Numbers continue to grow as call to "Strike Poverty" echoes across the country
Workers call to lift the economy with better pay of $15/hour and the right to organize
Across Seattle, low-wage workers are planning to walk out Thursday — and it's going national. On August 29th, the first-ever national strike of low-wage workers is expected to expand to dozens of cities across the country, from Los Angeles to Boston to Raleigh, North Carolina. Seattle fast food workers issued this call to strike on August 19th, urging fellow workers to "Turn off the fryers, take off your aprons, and walk out August 29th."
Workers across the country are heeding this national call and joining the movement. Today and tomorrow, worker leaders here in Seattle who work at major chains like McDonald's, Burger King, Taco Bell, and Subway are making hundreds of phone calls to fellow low-wage workers and visiting every fast food outlet in the city to spread the word about the fast-growing movement for good jobs they sparked with their May 30th strike.
(Note: Advance interviews may be available. Contact Sage Wilson at firstname.lastname@example.org to arrange.)
Who: Fast food workers from McDonalds, Burger King, Taco Bell, Subway, and other chains across Seattle
What: Launch strikelines across Seattle calling for better pay and the right to organize without retaliation.
When & Where: Thursday, August 29th. 7:00 am - Strikelines will kick off with a Westlake Park gathering. 8:00 am - 2:00 pm - Strikelines will spread to multiple locations across the city throughout the day. Specific location details will be available early Thursday morning. 4:00 pm - Major citywide convergence of striking workers gathers at Plymouth Pillars Park (Pike St & Boren Ave) before heading out to dinnertime strikelines at nearby fast food locations.
The August 29th national strike comes amidst an extraordinary upsurge of worker unrest which has moved low-wage worker issues to the center of public attention. From SeaTac to Tacoma to the Skagit Valley to the Seattle mayoral race, highly profitable fast food corporations and other big employers have come under increasing pressure as workers continue to raise the question of how we can build a sustainable economy when the fastest-growing jobs pay poverty wages.
About Good Jobs Seattle:
Sparked by the May 30th fast food strike, Good Jobs Seattle is a growing movement which seeks to build a sustainable future for Seattle's economy from the middle out — by turning poverty-wage jobs in fast food and other industries into good jobs that offer opportunities for a better future and pay enough for workers to afford basic necessities like food, clothing and rent. Good Jobs Seattle is supported by organizations including Washington Community Action Network, Working Washington, OneAmerica, at least one millionaire, and hundreds of workers and grassroots supporters.

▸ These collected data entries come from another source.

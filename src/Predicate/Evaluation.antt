-- ===== src/Predicate/Evaluation.antt =====
-- The evaluation of a predicate on a row, in three-valued logic (`matches` and `matches_3vl` in
-- crates/cq-core/src/predicate.rs).
use cqserver.Prelude.{Bool, true, false, if◌then◌else◌}
use cqserver.Predicate.Values.{Ops, Row}
use cqserver.Predicate.Compiled.{CompiledPredicate}
use cqserver.Predicate.Leaf.{
  Tri, tri, and_3vl, or_3vl, not_3vl, operand_is_null, matches_leaf_bool, yes, unknown,
}

module _ {F R : Type 0} (ops : Ops F R) where
  unfoldable pub matches_3vl : Row F → CompiledPredicate F R → Tri
  matches_3vl row (CompiledPredicate.and left right) =
      and_3vl (matches_3vl row left) (matches_3vl row right)
  matches_3vl row (CompiledPredicate.or left right) =
      or_3vl (matches_3vl row left) (matches_3vl row right)
  matches_3vl row (CompiledPredicate.negate inner) = not_3vl (matches_3vl row inner)
  matches_3vl row CompiledPredicate.always_true = yes
  matches_3vl row (CompiledPredicate.is_null col) =
      tri (matches_leaf_bool ops row (CompiledPredicate.is_null col))
  matches_3vl row (CompiledPredicate.is_not_null col) =
      tri (matches_leaf_bool ops row (CompiledPredicate.is_not_null col))
  matches_3vl row (CompiledPredicate.is_bool col want_true negated) =
      tri (matches_leaf_bool ops row (CompiledPredicate.is_bool col want_true negated))
  matches_3vl row leaf =
      if operand_is_null ops row leaf then unknown else tri (matches_leaf_bool ops row leaf)

  unfoldable pub matches : Row F → CompiledPredicate F R → Bool
  matches row p = elim (matches_3vl row p) [ yes ↦ true | _ ↦ false ]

In just a few months fast food workers in Seattle have sparked a fast-growing movement for good jobs:
- On May 30th, strikelines spread across Seattle as hundreds went on strike for better pay and the right to organize, united under a call to "Strike Poverty - Raise Seattle".
- On June 15th, mayoral candidates debated what city government could do to raise the economy by lifting up poverty-wage jobs before an audience of about 200 fast food, grocery store, hotel, home care, and other poverty-wage workers and their supporters.
- On July 11th, fast food workers briefed members of the Seattle city council about working conditions, including low pay, wage theft, and health & safety concerns.
- On August 1st, informational pickets & in-store teach-ins about criminal wage theft were held at fast food and coffee outlets across the city.